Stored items

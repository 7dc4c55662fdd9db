-- ===== src/History/Samples.antt =====
-- The samples that are kept, over the operations on the ring: `ngx_http_monitoring_init_shm`
-- (src/ngx_http_monitoring_shm.c), `ngx_http_monitoring_collect_history`
-- (src/ngx_http_monitoring_collectors.c) and `ngx_http_monitoring_json_history`
-- (src/ngx_http_monitoring_json.c).
use native.Mathlib.Decide.{dec_lt}
use ngx_http_monitoring_modu.Prelude.{
  ℕ, suc, ◌+◌, ◌-◌, ◌%◌, ◌^◌, ◌≤◌, ◌<◌, ◌≡◌, refl, sym, ◌∙◌, ap, ap₂, subst, [], ◌∷◌, ◌++◌, arith,
  length, length-set, drop, true, false, Bool-cases, ◌⊎◌, inl, inr,
}
use ngx_http_monitoring_modu.State.{ShCtx, HistorySample}
use ngx_http_monitoring_modu.Http.{MainConf, Process}
use ngx_http_monitoring_modu.History.{
  push_sample, json_history, DoubleOps, average, new_sample, is_early, keep_totals, collect_history,
}
use ngx_http_monitoring_modu.History.Ring.{tabulate}
use ngx_http_monitoring_modu.History.Laws.{
  IsRing, kept, json_history-tabulate, push_sample-history, push_sample-write, push_sample-capacity,
  count-room, tabulate-room, count-full, tabulate-full,
}

predecessor : (n : ℕ) → 1 ≤ n → (m : ℕ) × (n ≡ suc m)
predecessor n h = (n - 1, omega arith)

module _ {Double : Type 0} (z : HistorySample Double) where
  -- The ring after a sample: well formed, and the reader gets the new sample behind the others,
  -- less the oldest one if the ring was full.
  abbrev pub Appends : ShCtx Double → ShCtx Double → HistorySample Double → Type 0
  Appends sh sh' s =
      IsRing sh'
      × (json_history z sh'
          ≡ drop (sh.history_count + 1 - sh.history_capacity) (json_history z sh) ++ s ∷ [])

  module _ (sh : ShCtx Double) (ring : IsRing sh) (bound : sh.history_write + 1 < 2 ^ 63)
      (s : HistorySample Double) where
    bound_before : sh.history_write < 2 ^ 63
    bound_before = omega arith

    pushed-IsRing :
        (push_sample s sh).history_count ≤ sh.history_capacity → IsRing (push_sample s sh)
    pushed-IsRing h = record {
      size =
          ap length (push_sample-history z sh ring bound_before s)
          ∙ length-set sh.history (sh.history_write % sh.history_capacity) s
          ∙ ring.size;
      capacity_pos =
          omega (arith, ring.capacity_pos, push_sample-capacity z sh ring bound_before s);
      capacity_le = omega (arith, ring.capacity_le, push_sample-capacity z sh ring bound_before s);
      count_le = omega (arith, h, push_sample-capacity z sh ring bound_before s);
    }

    pushed-tabulate :
        IsRing (push_sample s sh)
        → json_history z (push_sample s sh)
          ≡ tabulate (push_sample s sh).history_count 0 (kept z (push_sample s sh))
    pushed-tabulate r =
        json_history-tabulate z (push_sample s sh) r
          (omega (arith, push_sample-write z sh ring bound_before s))

    push_sample-Appends : Appends sh (push_sample s sh) s
    push_sample-Appends = elim (dec_lt sh.history_count sh.history_capacity) [
      | yes room ↦
          let c = count-room z sh ring bound_before s room in
          let r = pushed-IsRing (omega arith) in
          let d : sh.history_count + 1 - sh.history_capacity ≡ 0 = omega arith in
          let c' : (push_sample s sh).history_count ≡ suc sh.history_count = omega arith in
          (
            r,
            pushed-tabulate r
                ∙ ap (λ n. tabulate n 0 (kept z (push_sample s sh))) c'
                ∙ tabulate-room z sh ring bound_before s room
                ∙ ap₂ (λ n xs. drop n xs ++ s ∷ []) (sym d)
                    (sym (json_history-tabulate z sh ring bound_before)),
          )
      | no full ↦
          let k = ring.count_le in
          let f : sh.history_count ≡ sh.history_capacity = omega arith in
          let (n, e) = predecessor sh.history_capacity ring.capacity_pos in
          let c = count-full z sh ring bound_before s n e f in
          let r = pushed-IsRing (omega arith) in
          let d : sh.history_count + 1 - sh.history_capacity ≡ 1 = omega arith in
          (
            r,
            pushed-tabulate r
                ∙ ap (λ m. tabulate m 0 (kept z (push_sample s sh))) (c ∙ f ∙ e)
                ∙ tabulate-full z sh ring bound_before s n e f
                ∙ ap₂ (λ m xs. drop m xs ++ s ∷ []) (sym d)
                    (ap (λ m. tabulate m 0 (kept z sh)) (sym (f ∙ e))
                      ∙ sym (json_history-tabulate z sh ring bound_before)),
          )
    ]

  module _ (ops : DoubleOps Double) (scaled : ℕ → ℕ → ℕ) (conf : MainConf) (p : Process)
      (sh : ShCtx Double) where
    collect_history-early :
        is_early ops scaled conf p sh ≡ true → collect_history ops scaled conf p sh ≡ sh
    unfolding collect_history
    collect_history-early e = rw (e)

    abbrev averaged : ShCtx Double
    averaged = average ops scaled conf p sh

    abbrev sample : HistorySample Double
    sample = new_sample ops scaled conf p averaged

    abbrev pushed : ShCtx Double
    pushed = push_sample sample averaged

    collect_history-due :
        is_early ops scaled conf p sh ≡ false
        → collect_history ops scaled conf p sh ≡ keep_totals ops scaled conf p sh pushed
    unfolding collect_history
    collect_history-due e = rw (e)

    average-IsRing : IsRing sh → IsRing averaged
    unfolding average
    average-IsRing ring = record {
      size = ring.size;
      capacity_pos = ring.capacity_pos;
      capacity_le = ring.capacity_le;
      count_le = ring.count_le;
    }

    average-Appends : {sh' : ShCtx Double} → Appends averaged sh' sample → Appends sh sh' sample
    unfolding average json_history
    average-Appends a = a

    keep_totals-Appends :
        Appends sh pushed sample → Appends sh (keep_totals ops scaled conf p sh pushed) sample
    unfolding keep_totals json_history
    keep_totals-Appends (ring, e) = (
      record {
        size = ring.size;
        capacity_pos = ring.capacity_pos;
        capacity_le = ring.capacity_le;
        count_le = ring.count_le;
      },
      e,
    )

    average-write : averaged.history_write ≡ sh.history_write
    unfolding average
    average-write = refl

    -- In a well formed ring that was written to fewer than 2^63 - 1 times: within `resolution`
    -- milliseconds of the last sample the zone is unchanged; later the new sample comes behind the
    -- samples that were kept, less the oldest one if the ring was full, and the ring is well formed
    -- again.
    pub collect_history-Appends :
        IsRing sh
        → sh.history_write + 1 < 2 ^ 63
        → (is_early ops scaled conf p sh ≡ true × collect_history ops scaled conf p sh ≡ sh)
          ⊎ (is_early ops scaled conf p sh ≡ false
              × Appends sh
                  (collect_history ops scaled conf p sh)
                  (new_sample ops scaled conf p (average ops scaled conf p sh)))
    collect_history-Appends ring bound = elim (Bool-cases (is_early ops scaled conf p sh)) [
      | inl e ↦ inl (e, collect_history-early e)
      | inr e ↦
          let a =
            push_sample-Appends averaged (average-IsRing ring) (omega (arith, average-write))
              sample in
          inr (
            e,
            subst (λ x. Appends sh x sample) (sym (collect_history-due e))
                (keep_totals-Appends (average-Appends a)),
          )
    ]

To do: Copy out all lines from the records where the word "refl" appears.

Solution to the exercise:
  ℕ, suc, ◌+◌, ◌-◌, ◌%◌, ◌^◌, ◌≤◌, ◌<◌, ◌≡◌, refl, sym, ◌∙◌, ap, ap₂, subst, [], ◌∷◌, ◌++◌, arith,
    average-write = refl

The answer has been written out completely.